Донне было лет сорок пять. Свою копну темно-рыжих волос она недавно превратила в модную хитроумную прическу из локонов и завитков, благодаря чему теперь выглядела сзади на двадцать, а спереди на все шестьдесят. У нее была хорошая фигура, плохие зубы, один неважнецкий сын — пьяница — и один хороший, который работал шофером грузовика на дальних рейсах. Хью ей нравился, и она старалась не упустить возможности поговорить с ним, рассказывала ему — иногда, если сидела за соседней кассой, прямо поверх голов покупателей и тележек с продуктами — о своих зубах, о своих сыновьях, о том, что у свекрови рак, о беременности своей собаки и связанных с этим осложнениях, предлагала ему щенков, они пересказывали друг другу содержание фильмов. Она стала звать его Баком, как только он поступил на работу в супермаркет.
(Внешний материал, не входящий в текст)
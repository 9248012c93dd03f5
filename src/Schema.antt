-- ===== src/Schema.antt =====
-- src/common/type_mapping.cc, src/common/schema_binding.cc and the refresh of src/functions/schema.cc:
-- PostgreSQL's types and those of Iceberg, and the columns of a local table against the fields of an
-- Iceberg table.
pub mod Types
pub mod Numeric
pub mod Relations
pub mod Columns
pub mod Binding
pub mod Bindings
pub mod Diff
pub mod Checks
pub mod Json
pub mod InSync
pub mod Compatible
pub mod FieldIds
pub mod Inserted
pub mod Projection
pub mod Refresh
pub mod Found
pub mod Refreshed
pub mod Stale
pub mod Matched
pub mod Synced
use pgiceberg.Common.{ℕ, Bool, List, Option}
use pgiceberg.Common.Bytes.{Bytes}
use pgiceberg.Common.Int.{ℤ}

-- `iceberg::TypeId`
pub data TypeId : Type 0 where
  boolean int long float double decimal date time timestamp timestamp_tz timestamp_ns : TypeId
  timestamp_tz_ns string uuid fixed binary struct list map unknown variant geometry : TypeId
  geography : TypeId

-- `iceberg::Type`: the precision and the scale are those of a decimal, and `shown` is `ToString`.
pub record IcebergType : Type 0 where
  pub type_id : TypeId
  pub precision : ℤ
  pub scale : ℤ
  pub shown : Bytes

-- The OIDs of the types that the source names, and the others.
pub data PgType : Type 0 where
  bool_oid int2_oid int4_oid int8_oid float4_oid float8_oid numeric_oid bytea_oid uuid_oid : PgType
  date_oid time_oid timestamp_oid timestamptz_oid text_oid varchar_oid bpchar_oid : PgType
  invalid_oid other_oid : PgType
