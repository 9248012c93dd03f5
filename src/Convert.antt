-- ===== src/Convert.antt =====
-- src/common/datum_convert.cc: values between Arrow and PostgreSQL.
pub mod Units
pub mod Read
pub mod Write
pub mod Exact
pub mod Ranges
pub mod Typed
use pgiceberg.Common.{ℕ, Bool, List}
use pgiceberg.Common.Bytes.{Bytes}
use pgiceberg.Common.Int.{ℤ}
use pgiceberg.Status.{Expected, ArrowError}
use pgiceberg.Schema.{PgType}

-- `arrow::TimeUnit`
pub data TimeUnit : Type 0 where
  second milli micro nano : TimeUnit

-- `arrow::DataType`: the types that the source names, and the others.
pub data ArrowType : Type 0 where
  bool_type int8_type int16_type int32_type int64_type uint8_type uint16_type : ArrowType
  uint32_type uint64_type float_type double_type string_type large_string_type : ArrowType
  binary_type large_binary_type date32_type other_type : ArrowType
  decimal128_type : ℤ → ℤ → ArrowType
  fixed_size_binary_type : ℕ → ArrowType
  time32_type time64_type timestamp_type : TimeUnit → ArrowType

-- A cell of an array, of its type, that is not NULL. A decimal has its digits and its scale, at each of
-- the four widths; `extension` has the cell of the storage.
pub data ArrowValue (F : Type 0) : Type 0 where
  bool : Bool → ArrowValue F
  int8 int16 int32 int64 date32 : ℤ → ArrowValue F
  uint8 uint16 uint32 uint64 : ℕ → ArrowValue F
  float double : F → ArrowValue F
  string large_string binary large_binary fixed_size_binary : Bytes → ArrowValue F
  decimal : ℤ → ℤ → ArrowValue F
  time32 time64 timestamp : TimeUnit → ℤ → ArrowValue F
  extension : ArrowValue F → ArrowValue F
  other_value : ArrowType → ArrowValue F

-- A `Datum` with its type. A numeric is the text that `numeric_out` prints.
pub data Datum (F : Type 0) : Type 0 where
  bool_datum : Bool → Datum F
  int2_datum int4_datum int8_datum : ℤ → Datum F
  float4_datum float8_datum : F → Datum F
  numeric_datum text_datum varchar_datum bpchar_datum bytea_datum uuid_datum : Bytes → Datum F
  date_datum time_datum timestamp_datum timestamptz_datum : ℤ → Datum F
  other_datum : PgType → Datum F

-- What is called in C++, Arrow and PostgreSQL. Floats of both widths have the type `F`. A `misread` is what
-- a `DatumGet` gives on a datum of another type than its own.
pub record Library (F : Type 0) : Type 0 where
  pub of_int : ℤ → F
  pub narrow : F → F
  pub is_nan : F → Bool
  pub float_eq : F → F → Bool
  pub shown : ArrowType → Bytes
  pub oid_text : PgType → Bytes
  pub format_decimal : ℤ → ℤ → Bytes
  pub decimal_of_text : Bytes → Expected ArrowError (ℤ × ℤ)
  pub rescale_decimal : ℤ → ℤ → ℤ → Expected ArrowError ℤ
  pub fits_in_precision : ℤ → ℤ → Bool
  pub numeric_in : Bytes → Bytes
  pub numeric_eq : Bytes → Bytes → Bool
  pub misread_bool : Datum F → Bool
  pub misread_int : Datum F → ℤ
  pub misread_float : Datum F → F
  pub misread_text : Datum F → Bytes
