-- ===== src/Sql/Grammar/Tables.antt =====
-- parser/sql.lalrpop: the productions of CREATE TABLE and LOCK.
use kui_ba_db.Base.{List, [], ◌∷◌, ◌++◌, Bytes, Bool, none}
use kui_ba_db.Base.Text.{codes}
use kui_ba_db.Sql.Syntax.{
  StrVal, NumVal, Value, num, str, DefElem, make_def_elem, RangeVar, TypeName, system_type_name,
  ColumnDef, CreateTableStmt, LockStmt,
}
use kui_ba_db.Sql.Grammar.{Keyword, keyword, integer, punct, Input, Eats}
use kui_ba_db.Sql.Grammar.Terms.{NumericOnly, Sconst, Ident}

-- TableElementList, reloption_list and relation_expr_list, which differ in their items.
pub data CommaList {I : Type 0} (Item : Input → Input → I → Type 0)
    : Input → Input → List I → Type 0 where
  first_item : {a b : Input} {x : I} → Item a b x → CommaList Item a b (x ∷ [])
  more_items :
      {a b c d : Input} {l : List I} {x : I}
      → CommaList Item a b l
      → Eats (punct b',') b c
      → Item c d x
      → CommaList Item a d (l ++ x ∷ [])

-- qualified_name and relation_expr.
abbrev pub relation_named : StrVal → RangeVar
relation_named n = record { schemaname = none; relname = n; alias = none }

pub data QualifiedName : Input → Input → RangeVar → Type 0 where
  relation : {a b : Input} {n : StrVal} → Ident a b n → QualifiedName a b (relation_named n)

abbrev pub varchar_of : Bytes → TypeName
varchar_of i = record (system_type_name (codes "varchar")) {
  typmods = (system_type_name (codes "varchar")).typmods ++ i ∷ [];
}

-- Typename, SimpleTypename, Numeric and Character.
pub data Typename : Input → Input → TypeName → Type 0 where
  int_type :
      {a b : Input}
      → Eats (keyword Keyword.int_p) a b
      → Typename a b (system_type_name (codes "int4"))
  smallint_type :
      {a b : Input}
      → Eats (keyword Keyword.smallint) a b
      → Typename a b (system_type_name (codes "int2"))
  with_length :
      {a b c d e : Input} {i : Bytes}
      → Eats (keyword Keyword.varchar) a b
      → Eats (punct b'(') b c
      → Eats (integer i) c d
      → Eats (punct b')') d e
      → Typename a e (varchar_of i)
  without_length :
      {a b : Input}
      → Eats (keyword Keyword.varchar) a b
      → Typename a b (system_type_name (codes "varchar"))

-- columnDef and TableElement.
pub data Column : Input → Input → ColumnDef → Type 0 where
  column :
      {a b c : Input} {n : StrVal} {t : TypeName}
      → Ident a b n
      → Typename b c t
      → Column a c (record { colname = n; typename = t })

pub data OptColumns : Input → Input → List ColumnDef → Type 0 where
  columns : {a b : Input} {l : List ColumnDef} → CommaList Column a b l → OptColumns a b l
  no_columns : {a : Input} → OptColumns a a []

pub data DefArg (debug : Bool) : Input → Input → Value → Type 0 where
  number_arg : {a b : Input} {v : NumVal} → NumericOnly debug a b v → DefArg debug a b (num v)
  text_arg : {a b : Input} {v : StrVal} → Sconst a b v → DefArg debug a b (str v)

pub data Reloption (debug : Bool) : Input → Input → DefElem → Type 0 where
  reloption :
      {a b c d : Input} {n : StrVal} {v : Value}
      → Ident a b n
      → Eats (punct b'=') b c
      → DefArg debug c d v
      → Reloption debug a d (make_def_elem n v)

-- OptWith and reloptions.
pub data OptWith (debug : Bool) : Input → Input → List DefElem → Type 0 where
  with_options :
      {a b c d e : Input} {l : List DefElem}
      → Eats (keyword Keyword.with_p) a b
      → Eats (punct b'(') b c
      → CommaList (Reloption debug) c d l
      → Eats (punct b')') d e
      → OptWith debug a e l
  no_options : {a : Input} → OptWith debug a a []

pub data CreateTable (debug : Bool) : Input → Input → CreateTableStmt → Type 0 where
  create_table :
      {a b c d e f g h : Input} {r : RangeVar} {l : List ColumnDef} {o : List DefElem}
      → Eats (keyword Keyword.create) a b
      → Eats (keyword Keyword.table) b c
      → QualifiedName c d r
      → Eats (punct b'(') d e
      → OptColumns e f l
      → Eats (punct b')') f g
      → OptWith debug g h o
      → CreateTable debug a h (record { relation = r; table_elts = l; opts = o })

-- `LockMode` is declared outside of the repository; these are its items that the grammar names.
pub record Modes (M : Type 0) : Type 0 where
  pub access_share : M
  pub row_share : M
  pub row_exclusive : M
  pub share_update_exclusive : M
  pub share : M
  pub share_row_exclusive : M
  pub exclusive : M
  pub access_exclusive : M

pub data OptTable : Input → Input → Type 0 where
  table_word : {a b : Input} → Eats (keyword Keyword.table) a b → OptTable a b
  no_table_word : {a : Input} → OptTable a a

module _ {M : Type 0} (modes : Modes M) where
  pub data LockType : Input → Input → M → Type 0 where
    lock_access_share :
        {a b c : Input}
        → Eats (keyword Keyword.access) a b
        → Eats (keyword Keyword.share) b c
        → LockType a c modes.access_share
    lock_row_share :
        {a b c : Input}
        → Eats (keyword Keyword.row) a b
        → Eats (keyword Keyword.share) b c
        → LockType a c modes.row_share
    lock_row_exclusive :
        {a b c : Input}
        → Eats (keyword Keyword.row) a b
        → Eats (keyword Keyword.exclusive) b c
        → LockType a c modes.row_exclusive
    lock_share_update_exclusive :
        {a b c d : Input}
        → Eats (keyword Keyword.share) a b
        → Eats (keyword Keyword.update) b c
        → Eats (keyword Keyword.exclusive) c d
        → LockType a d modes.share_update_exclusive
    lock_share : {a b : Input} → Eats (keyword Keyword.share) a b → LockType a b modes.share
    lock_share_row_exclusive :
        {a b c d : Input}
        → Eats (keyword Keyword.share) a b
        → Eats (keyword Keyword.row) b c
        → Eats (keyword Keyword.exclusive) c d
        → LockType a d modes.share_row_exclusive
    lock_exclusive :
        {a b : Input} → Eats (keyword Keyword.exclusive) a b → LockType a b modes.exclusive
    lock_access_exclusive :
        {a b c : Input}
        → Eats (keyword Keyword.access) a b
        → Eats (keyword Keyword.exclusive) b c
        → LockType a c modes.access_exclusive

  pub data OptLock : Input → Input → M → Type 0 where
    in_mode :
        {a b c d : Input} {m : M}
        → Eats (keyword Keyword.in_p) a b
        → LockType b c m
        → Eats (keyword Keyword.mode_p) c d
        → OptLock a d m
    default_mode : {a : Input} → OptLock a a modes.access_exclusive

  pub data Lock : Input → Input → LockStmt M → Type 0 where
    lock_tables :
        {a b c d e : Input} {l : List RangeVar} {m : M}
        → Eats (keyword Keyword.lock_p) a b
        → OptTable b c
        → CommaList QualifiedName c d l
        → OptLock d e m
        → Lock a e (record { rels = l; mode = m })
Говорила: «Ты настоящий Бак Роджерс [4] двадцать первого века. Боюсь, правда, что ты слишком молод, чтобы помнить, каков был настоящий», — и сама смеялась своей шутке.
В то утро она сказала:
— Ну что, Бак, проспал? Как не стыдно?
— Я встал в семь, — попытался он оправдаться.
— А почему бежал? От тебя же просто пар идет!
Он стоял, не зная, что ответить, потом уцепился за слово «бежал».
— Я бегал. Знаешь, говорят, это полезно.
— Да-да, мне вроде бы даже какая-то популярная книжонка об этом попадалась. Тот же бег трусцой, только с большей нагрузкой. А ты что, просто раз десять обегаешь квартал? Или ходишь на стадион?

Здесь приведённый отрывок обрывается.